• **TASK BRIEF**: Copy every line of the following data that includes the string "Type".

• **TASK MATERIAL**:
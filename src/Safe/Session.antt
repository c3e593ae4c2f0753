-- ===== src/Safe/Session.antt =====
-- The invariant through the commands of Commands/Session.antt.
use ft_irc.Client.Registration.{
  nickname-try_complete_registration, verified-try_complete_registration,
  username-try_complete_registration, registered-try_complete_registration,
}
use ft_irc.Server.Changes.{Keeps-Moves, Keeps-say, Keeps-on_client, Keeps-disconnect_after_flush}
use ft_irc.Reply.{to_lower}
use ft_irc.Map.{values, text_key, nat_key}
use ft_irc.Map.Each.{contains-values}
use ft_irc.Server.People.{Credentials, KeepsPerson-same, KeepsPerson-named, KeepsPerson}
use ft_irc.Parse.Message.{Message}
use ft_irc.Heap.Quiet.{quiet-broadcast_nick_change, IsLiveClient}
use ft_irc.Server.Disconnect.{disconnect_client}
use ft_irc.Links.Moves.{one, silent, nowhere}
use ft_irc.Server.{on_heap, Server, is_nickname_taken, nickname_taken_by, check_password}
use ft_irc.Heap.{on_client, client, broadcast_nick_change, Heap}
use ft_irc.Commands.Session.{
  nick, pass, ping, pong, quit, user, complete, first_param, is_valid_nickname, set_nickname,
  has_at, user_with, user_params,
}
use ft_irc.Client.{
  send_reply, try_complete_registration, Client, update_last_activity, is_missing_password,
}
use ft_irc.Server.Keeps.{Keeps-refl, Keeps-and, Keeps, is_trusted, Mostly}
use ft_irc.Server.Inv.{Inv}
use ft_irc.Base.{
  if_both, ℕ, ◌≡◌, arith, not, is_empty, Text, text_eq, refl, ◌||◌, List, [], ◌∷◌, contains,
  text_eq_iff, true, false, not-false, sym, ◌∙◌, ◌⊎◌, inl, text_eq→eq, inr,
}

Credentials-try_complete_registration :
    (c : Client) → Credentials c → Credentials (try_complete_registration c)
unfolding try_complete_registration send_reply
Credentials-try_complete_registration c k r =
    (ground (arith, k, r), ground (arith, k, r), ground (arith, k, r))

Keeps-try_complete_registration :
    {G : ℕ → Type 0} (s : Server) (c : ℕ)
    → Inv s
    → Mostly nowhere G s (on_heap (on_client c try_complete_registration) s)
Keeps-try_complete_registration s c v =
    Keeps-on_client s c try_complete_registration v
      (record {
        same_joined = λ x. unfold try_complete_registration send_reply in ground arith;
        same_invited = λ x. unfold try_complete_registration send_reply in ground arith;
        same_fd = λ x. unfold try_complete_registration send_reply in ground arith;
      })
      (λ x. unfold try_complete_registration send_reply in ground arith)
      (λ e. inl (sym (verified-try_complete_registration (client s.heap c)) ∙ e))
      (KeepsPerson-named c _ s.heap (Credentials-try_complete_registration _)
        (registered-try_complete_registration _)
        (rw (username-try_complete_registration (client s.heap c)) (v.people.well_named c).1)
        (nickname-try_complete_registration _) v.people)

-- A setter of a field that no link and no buffer rests on.
Keeps-set :
    {G : ℕ → Type 0} (s : Server) (c : ℕ) (f : Client → Client)
    → Inv s
    → ((x : Client) → (f x).joined_channels ≡ x.joined_channels)
    → ((x : Client) → (f x).invited_channels ≡ x.invited_channels)
    → ((x : Client) → (f x).fd ≡ x.fd)
    → ((x : Client) → (f x).read_buffer ≡ x.read_buffer)
    → ((f (client s.heap c)).is_password_verified ≡ true → (is_trusted s c ≡ true) ⊎ G c)
    → (IsLiveClient s.heap c → KeepsPerson c f s.heap)
    → Mostly nowhere G s (on_heap (on_client c f) s)
Keeps-set s c f v j i d b =
    Keeps-on_client s c f v (record { same_joined = j; same_invited = i; same_fd = d }) b

-- Who is not registered has no credentials to keep.
KeepsPerson-stranger :
    (s : Server) (c : ℕ) (f : Client → Client)
    → Inv s
    → (client s.heap c).is_registered ≡ false
    → ((x : Client) → (f x).is_registered ≡ x.is_registered)
    → ((x : Client) → (f x).nickname ≡ x.nickname)
    → has_at (f (client s.heap c)).username ≡ false
    → IsLiveClient s.heap c
    → KeepsPerson c f s.heap
KeepsPerson-stranger s c f v n r same at =
    KeepsPerson-named c f s.heap (λ k y. absurd (ground (arith, n, r (client s.heap c), y)))
      (λ y. absurd (ground (arith, n, y))) at (same _) v.people

-- What `isNicknameTaken` denies: another client of the table with the nickname.
not_taken :
    (h : Heap) (nick : Text) (self : ℕ) (ps : List ℕ) (q : ℕ)
    → nickname_taken_by h nick self ps ≡ false
    → contains ps q ≡ true
    → nick ≡ to_lower (client h q).nickname
    → self ≡ q
unfolding nickname_taken_by contains
not_taken h nick self [] q n m e = absurd (cc)
not_taken h nick self (p ∷ ps) q n m e =
    ground (arith, not_taken h nick self ps q, text_eq_iff (to_lower (client h p).nickname) nick)

KeepsPerson-nick :
    (s : Server) (c : ℕ) (nickname : Text)
    → Inv s
    → is_empty nickname ≡ false
    → is_valid_nickname nickname ≡ true
    → is_nickname_taken s nickname c ≡ false
    → KeepsPerson c (set_nickname nickname) s.heap
unfolding is_nickname_taken
KeepsPerson-nick s c nickname v given valid free = record {
  keeps_credentials = λ k r. ((k r).0, given, (k r).2);
  keeps_registered = λ r. r;
  keeps_names = λ w. (ground (arith, valid), w.1);
  own_nickname = λ q live n e.
      not_taken s.heap (to_lower nickname) c (values s.clients) q free
        (contains-values _ q s.clients (v.clients_listed q live)) e;
}

Keeps-complete : (now c : ℕ) (s : Server) → Inv s → Keeps s (complete now c s)
unfolding complete disconnect_client
Keeps-complete now c s v = Keeps-and (Keeps-try_complete_registration s c v) λ a.
    if_both (Keeps _)
      (is_missing_password (client (on_heap (on_client c try_complete_registration) s).heap c)) _ _
      (λ e. Keeps-and (Keeps-say _ c _ a) λ b. Keeps-disconnect_after_flush now c _ _ b)
      (λ e. Keeps-refl _ a)

Keeps-broadcast_nick_change :
    (s : Server) (c : ℕ) (notice : Text)
    → Inv s
    → Keeps s (on_heap (broadcast_nick_change c notice) s)
Keeps-broadcast_nick_change s c notice v =
    Keeps-Moves s _ v (one (silent _ (quiet-broadcast_nick_change c notice s.heap)))

pub Keeps-nick : (now c : ℕ) (msg : Message) (s : Server) → Inv s → Keeps s (nick now c msg s)
unfolding nick
Keeps-nick now c msg s v =
    if_both (Keeps s) (is_empty msg.parameter || is_empty (first_param msg.parameter)) _ _
      (λ e. Keeps-say s c _ v)
      (λ given.
        if_both (Keeps s) (not (is_valid_nickname (first_param msg.parameter))) _ _
          (λ e. Keeps-say s c _ v)
          (λ valid.
            if_both (Keeps s) (is_nickname_taken s (first_param msg.parameter) c) _ _
              (λ e. Keeps-say s c _ v)
              (λ free.
                Keeps-and
                  (Keeps-set s c (set_nickname (first_param msg.parameter)) v (λ x. refl)
                    (λ x. refl) (λ x. refl) (λ x. refl) (λ e. inl e)
                    (λ l.
                      KeepsPerson-nick s c _ v (ground (arith, given)) (not-false _ valid) free))
                  λ a.
                    if_both (Keeps _) (client s.heap c).is_registered _ _
                      (λ e.
                        if_both (Keeps _)
                          (text_eq (client s.heap c).nickname (first_param msg.parameter)) _ _
                          (λ e. Keeps-refl _ a) (λ e. Keeps-broadcast_nick_change _ c _ a))
                      (λ e. Keeps-complete now c _ a))))

-- The client that gives the password.
abbrev pub Opens : ℕ → Message → Server → ℕ → Type 0
Opens c msg s p = (c ≡ p) × (first_param msg.parameter ≡ s.password)

pub Keeps-pass :
    (c : ℕ) (msg : Message) (s : Server) → Inv s → Mostly nowhere (Opens c msg s) s (pass c msg s)
unfolding pass check_password
Keeps-pass c msg s v =
    if_both (Mostly nowhere (Opens c msg s) s)
      (is_empty msg.parameter || is_empty (first_param msg.parameter)) _ _ (λ e. Keeps-say s c _ v)
      (λ e.
        if_both (Mostly nowhere (Opens c msg s) s) (client s.heap c).is_registered _ _
          (λ e. Keeps-say s c _ v)
          (λ n.
            Keeps-and
              (Keeps-set s c _ v (λ x. refl) (λ x. refl) (λ x. refl) (λ x. refl)
                (λ e. inr (refl, sym (text_eq→eq s.password (first_param msg.parameter) e)))
                (KeepsPerson-stranger s c _ v n (λ x. refl) (λ x. refl) (v.people.well_named c).1))
              λ a. Keeps-try_complete_registration _ c a))

pub Keeps-ping : (c : ℕ) (msg : Message) (s : Server) → Inv s → Keeps s (ping c msg s)
unfolding ping
Keeps-ping c msg s v =
    if_both (Keeps s) (is_empty msg.parameter || is_empty (first_param msg.parameter)) _ _
      (λ e. Keeps-say s c _ v) (λ e. Keeps-say s c _ v)

pub Keeps-pong : (now c : ℕ) (s : Server) → Inv s → Keeps s (pong now c s)
unfolding pong update_last_activity
Keeps-pong now c s v =
    Keeps-set s c _ v (λ x. refl) (λ x. refl) (λ x. refl) (λ x. refl) (λ e. inl e)
      (KeepsPerson-same c _ s.heap (λ x. refl) v.people)

pub Keeps-quit : (now c : ℕ) (msg : Message) (s : Server) → Inv s → Keeps s (quit now c msg s)
unfolding quit disconnect_client
Keeps-quit now c msg s v = Keeps-disconnect_after_flush now c _ s v

Keeps-user_with :
    (now c : ℕ) (username realname : Text) (s : Server)
    → Inv s
    → Keeps s (user_with now c username realname s)
unfolding user_with
Keeps-user_with now c username realname s v =
    if_both (Keeps s) (is_empty username) _ _ (λ e. Keeps-say s c _ v)
      (λ e.
        if_both (Keeps s) (client s.heap c).is_registered _ _ (λ e. Keeps-say s c _ v)
          (λ n.
            if_both (Keeps s) (has_at username) _ _ (λ e. Keeps-say s c _ v)
              (λ e.
                Keeps-and
                  (Keeps-set s c _ v (λ x. refl) (λ x. refl) (λ x. refl) (λ x. refl) (λ e. inl e)
                    (KeepsPerson-stranger s c _ v n (λ x. refl) (λ x. refl) e))
                  λ a. Keeps-complete now c _ a)))

Keeps-user_params :
    (now c : ℕ) (params : List Text) (s : Server) → Inv s → Keeps s (user_params now c params s)
unfolding user_params
Keeps-user_params now c [] s v = Keeps-say s c _ v
Keeps-user_params now c (a ∷ []) s v = Keeps-say s c _ v
Keeps-user_params now c (a ∷ b ∷ []) s v = Keeps-say s c _ v
Keeps-user_params now c (a ∷ b ∷ d ∷ []) s v = Keeps-say s c _ v
Keeps-user_params now c (a ∷ b ∷ d ∷ e ∷ more) s v = Keeps-user_with now c a e s v

pub Keeps-user : (now c : ℕ) (msg : Message) (s : Server) → Inv s → Keeps s (user now c msg s)
unfolding user
Keeps-user now c msg s v = Keeps-user_params now c msg.parameter s v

• **TASK RESULT**:
    {G : ℕ → Type 0} (s : Server) (c : ℕ)
    {G : ℕ → Type 0} (s : Server) (c : ℕ) (f : Client → Client)
abbrev pub Opens : ℕ → Message → Server → ℕ → Type 0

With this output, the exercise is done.